Ao persistente toque do despertador anunciando a hora de levantar-se para ir à escola, segue-se uma ladainha matutina que só muda de endereço: ninguém quer acordar. Uma vez feito o sacrifício, já cara a cara com o professor, um de cada cinco alunos se deixa embalar e desmaia na carteira, segundo mostra uma pesquisa da National Sleep Foundation, dos Estados Unidos, sobre o nível de atenção da criançada nas primeiras horas do dia. Os frequentes sinais de cansaço, mais agudos ainda entre os adolescentes, motivaram a Academia Americana de Pediatria a publicar um documento que soou como hora do recreio para estudantes habituados à campainha estridente no pátio às 7 e pouco da manhã: havia ali a recomendação de que as aulas começassem mais tarde. A enfática mensagem deixou a bolha científica e acaba de ser abraçada pelo Estado da Califórnia, o primeiro a sacudir a legislação para empurrar o início do turno escolar para até as 8h30.

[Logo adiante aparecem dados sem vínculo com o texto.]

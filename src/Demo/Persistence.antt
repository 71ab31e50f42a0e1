-- ===== src/Demo/Persistence.antt =====
-- packages/dogos_demo/persistence.py: one completed command is projected into both files.
pub mod Keeps
pub mod Recorded
use dogos_memory.Base.{
  Bool, List, Option, Result, Text, [], codes, contains, err, false, if◌then◌else◌, none, ok,
  require, some, text_eq, true, ℕ, ◌&&◌, ◌++◌, ◌+◌, ◌==◌, ◌∷◌,
}
use dogos_memory.Demo.Models.{
  DemoError, DogConfig, completion_conflict, invalid_completion_source,
  invalid_recovered_completion, store_error, unconfirmed_persistence, validation_error,
}
use dogos_memory.Demo.Session.{
  ActionCommand, ActionName, ActionReceipt, CompletionSource, PersistenceIssue, ReceiptStatus,
  cautious_reply, familiar_greeting, outgoing_greeting, warm_reply,
}
use dogos_memory.Demo.World.{Action, Runtime, lift, pure, raise, ◌>>=◌, ◌>>◌}
use dogos_memory.Memory.Database.{Database, Store}
use dogos_memory.Memory.Models.{
  AppendResult, MemoryInput, Outcome, Source, StoredMemory, event, is_completed, is_valid_input,
  memory_not_found,
}
use dogos_memory.Memory.Store.{append, get}

pub record PersistOutcome : Type 0 where
  pub persisted_owner_ids : List Text
  pub issues : List PersistenceIssue

-- `RecoveryOutcome`; its two fields are None together
abbrev pub RecoveryOutcome : Type 0
RecoveryOutcome = Option (ActionReceipt × PersistOutcome)

abbrev pub completed_suffix : Text
completed_suffix = codes "/completed"

-- `_completion_memory_id`
unfoldable pub completion_memory_id : ActionCommand → Text
completion_memory_id c = c.command_id ++ completed_suffix

-- `action.value`
abbrev action_text : ActionName → Text
action_text outgoing_greeting = codes "outgoing_greeting"
action_text cautious_reply = codes "cautious_reply"
action_text familiar_greeting = codes "familiar_greeting"
action_text warm_reply = codes "warm_reply"

-- `_memory_source`
abbrev pub memory_source : CompletionSource → Source
memory_source CompletionSource.robot_feedback = Source.robot_feedback
memory_source CompletionSource.operator = Source.operator
memory_source CompletionSource.simulation = Source.simulation

-- `_completion_source`
abbrev pub completion_source : Source → Result DemoError CompletionSource
completion_source Source.robot_feedback = ok CompletionSource.robot_feedback
completion_source Source.operator = ok CompletionSource.operator
completion_source Source.simulation = ok CompletionSource.simulation
completion_source Source.llm = err invalid_completion_source

abbrev direction : Bool → Text
direction true = codes "对方向我"
direction false = codes "我向对方"

-- the value that `_memory` constructs
unfoldable pub completion_memory : DogConfig → ActionCommand → CompletionSource → ℕ → MemoryInput
completion_memory owner c source occurred_at_ms =
    let is_target = text_eq owner.dog_id c.target_id in
    record {
      payload = record {
        memory_id = completion_memory_id c;
        session_id = c.session_id;
        peer_id = if is_target then c.actor_id else c.target_id;
        kind = event;
        event_type = codes "action_completed";
        content = direction is_target ++ (codes "完成动作 " ++ action_text c.action);
        occurred_at_ms = occurred_at_ms;
        source = memory_source source;
        result = Outcome.completed;
        importance = 5;
        affinity_delta = if is_target then owner.affinity_gain else 0;
      };
      evidence_ids = [];
    }

-- the constructor call in `_memory`
abbrev pub validated : MemoryInput → Result DemoError MemoryInput
validated m = if is_valid_input m then ok m else err validation_error

-- One binding's turn in the loop of `persist`. A `StoreError` becomes an issue.
abbrev pub noted :
    Text → Store (AppendResult × Database) → Database → PersistOutcome → PersistOutcome × Database
noted dog (ok (_, db')) db out =
    (record out { persisted_owner_ids = out.persisted_owner_ids ++ (dog ∷ []) }, db')
noted dog (err code) db out =
    (record out { issues = out.issues ++ (record { owner_id = dog; code = code } ∷ []) }, db)

abbrev pub nothing_persisted : PersistOutcome
nothing_persisted = record { persisted_owner_ids = []; issues = [] }

-- `_find`
abbrev pub found : Store StoredMemory → Result DemoError (Option StoredMemory)
found (ok m) = ok (some m)
found (err memory_not_found) = ok none
found (err e) = err (store_error e)

-- `_check_existing`
unfoldable pub check_existing : ActionCommand → StoredMemory → Bool
check_existing c m =
    text_eq m.memory_id (completion_memory_id c)
    && text_eq m.session_id c.session_id
    && contains m.peer_id (c.actor_id ∷ c.target_id ∷ [])
    && text_eq m.event_type (codes "action_completed")
    && is_completed m.result

-- `present[0]`
abbrev pub anchor : Option StoredMemory → Option StoredMemory → Option StoredMemory
anchor (some m) other = some m
anchor none other = other

abbrev source_eq : Source → Source → Bool
source_eq Source.robot_feedback Source.robot_feedback = true
source_eq Source.operator Source.operator = true
source_eq Source.llm Source.llm = true
source_eq Source.simulation Source.simulation = true
source_eq _ _ = false

-- no memory that is there differs from the anchor
abbrev pub agrees : StoredMemory → Option StoredMemory → Bool
agrees a none = true
agrees a (some m) = source_eq m.source a.source && m.occurred_at_ms == a.occurred_at_ms

abbrev pub recovered_receipt : ActionCommand → CompletionSource → ℕ → ActionReceipt
recovered_receipt c source at = record {
  status = ReceiptStatus.completed;
  command_id = c.command_id;
  adapter_id = c.adapter_id;
  occurred_at_ms = at;
  source = some source;
  detail = codes "recovered from stable completed-memory ID";
}

module _ (rt : Runtime) where
  open rt use {binding_0, binding_1, clock}

  unfoldable pub append_0 : MemoryInput → PersistOutcome → Action PersistOutcome
  append_0 m out w =
      let (out', db') =
        noted binding_0.dog.dog_id (append binding_0.owner_id m (clock w.readings) w.db_0) w.db_0
          out in
      (ok out', record w { db_0 = db'; readings = w.readings + 1 })

  unfoldable pub append_1 : MemoryInput → PersistOutcome → Action PersistOutcome
  append_1 m out w =
      let (out', db') =
        noted binding_1.dog.dog_id (append binding_1.owner_id m (clock w.readings) w.db_1) w.db_1
          out in
      (ok out', record w { db_1 = db'; readings = w.readings + 1 })

  -- the loop of `persist` for a source that is there
  unfoldable pub persist_from : ActionCommand → CompletionSource → ℕ → Action PersistOutcome
  persist_from c source at = do
    m ← lift (validated (completion_memory binding_0.dog c source at))
    out ← append_0 m nothing_persisted
    m' ← lift (validated (completion_memory binding_1.dog c source at))
    append_1 m' out

  abbrev pub persist_checked :
      ReceiptStatus → Option CompletionSource → ActionCommand → ℕ → Action PersistOutcome
  persist_checked ReceiptStatus.completed (some source) c at = persist_from c source at
  persist_checked _ _ c at = raise unconfirmed_persistence

  unfoldable pub persist : ActionCommand → ActionReceipt → Action PersistOutcome
  persist c r = persist_checked r.status r.source c r.occurred_at_ms

  unfoldable pub find_0 : Text → Action (Option StoredMemory)
  find_0 id w = (found (get binding_0.owner_id id w.db_0), w)

  unfoldable pub find_1 : Text → Action (Option StoredMemory)
  find_1 id w = (found (get binding_1.owner_id id w.db_1), w)

  abbrev pub recover_from :
      ActionCommand
      → Option StoredMemory
      → Option StoredMemory
      → Option StoredMemory
      → Action RecoveryOutcome
  recover_from c m0 m1 none = pure none
  recover_from c m0 m1 (some a) = do
    lift (require (check_existing c a) invalid_recovered_completion)
    lift (require (agrees a m0 && agrees a m1) completion_conflict)
    source ← lift (completion_source a.source)
    let receipt = recovered_receipt c source a.occurred_at_ms
    out ← persist c receipt
    pure (some (receipt, out))

  unfoldable pub recover : ActionCommand → Action RecoveryOutcome
  recover c = do
    m0 ← find_0 (completion_memory_id c)
    m1 ← find_1 (completion_memory_id c)
    recover_from c m0 m1 (anchor m0 m1)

A exaustão da garotada faz pensar em uma saída que a princípio parece bem mais simples: ir para a cama cedo, de modo a estar preparado para o que der e vier ao raiar do sol. Mas essa é uma alternativa pouco viável, garantem os especialistas — sobretudo na faixa etária a partir dos 13, 14 anos, quando um turbilhão de mudanças fisiológicas caminha em marcha acelerada e o adolescente passa a sentir sono mais tarde. Um dos motores dessa chacoalhada no relógio biológico tem a ver justamente com o fato de o corpo adiar a liberação do hormônio melatonina e o processo de queda da temperatura corporal — ambos responsáveis pela sensação de sonolência. “Por esses fatores, o adolescente passa a dormir até duas horas mais tarde do que costumava”, explica a neurologista Andrea Bacelar, da Associação Brasileira do Sono (ABS). Para completar as oito horas de descanso recomendadas, portanto, a turma precisa dar uma esticadinha pela manhã.
Esse conjunto de estudos começa a ecoar em outras partes, inclusive no Brasil — e vem colhendo bons resultados entre os estudantes. Escolas como Concept e Avenues, de São Paulo, estabeleceram o início do batente às 8 horas. Em Brasília, o Colégio Seriös decidiu adotar o horário mais dilatado em 2018, iniciando as aulas também às 8 horas. “Percebemos que os alunos chegam agora com maior capacidade de concentração”, observa o diretor pedagógico Nei Vieira. E isso tem se refletido no boletim: as médias subiram 5%. Os pais celebram por outras razões. “Meus filhos estão visivelmente mais dispostos e podem tomar um bom café da manhã”, diz a pedagoga Luciana Freitas, ao lado dos filhos Gustavo, 11 anos, e Felipe, 13.
A percepção de que o adolescente dorme aquém do necessário para prover combustível à ebulição em andamento em seu corpo motivou a ABS a apresentar à Comissão de Educação da Câmara dos Deputados um projeto de lei semelhante ao aprovado na Califórnia. Texto de mesma natureza, de autoria do deputado estadual Renan Ferreirinha (PSB), tramita na Assembleia Legislativa do Rio de Janeiro. Para sustentar a propriedade do pleito, um levantamento da ABS dá a dimensão do cansaço geral nessa faixa etária: 60% dos adolescentes declaram não estar satisfeitos com a quantidade de horas dormidas — e essa escassez pode desaguar em doenças como obesidade, depressão e ansiedade. “Na adolescência, meia hora a mais de sono pela manhã tende a melhorar as condições para o aprendizado e funciona ainda na frente da prevenção de doenças”, explica Andrea Bacelar.
Evidentemente que uma sacudida na rotina escolar envolve adaptações de cunho logístico, como a repaginação do horário dos professores e dos próprios pais, que em geral engatam, também eles, cedo no trabalho. Mas a ciência mostra por mais de um ângulo que o ajuste compensa. A preservação do sono quando a criança adentra a adolescência é vital porque justamente nesse período se consolida o desenvolvimento da área do cérebro que pilota a capacidade de julgamento, o controle dos impulsos e o raciocínio lógico — e um bom pernoite mantém o funcionamento dessa engrenagem a pleno vapor (veja o quadro ao lado). Também é quando as pestanas estão bem fechadas que hormônios sexuais e do crescimento são produzidos em eletrizante ritmo de fábrica. Aos navegantes em plena metamorfose, porém, um aviso: de nada adiantará toda essa mudança se o celular seguir em uso até altas horas. “A luz, aliada ao frenético fluxo de informações, vira motor de ansiedade e insônia. É essencial ter hora para desligar o aparelho”, enfatiza o neurocientista Ariovaldo Silva, da Universidade Federal de Minas Gerais. O boletim agradece.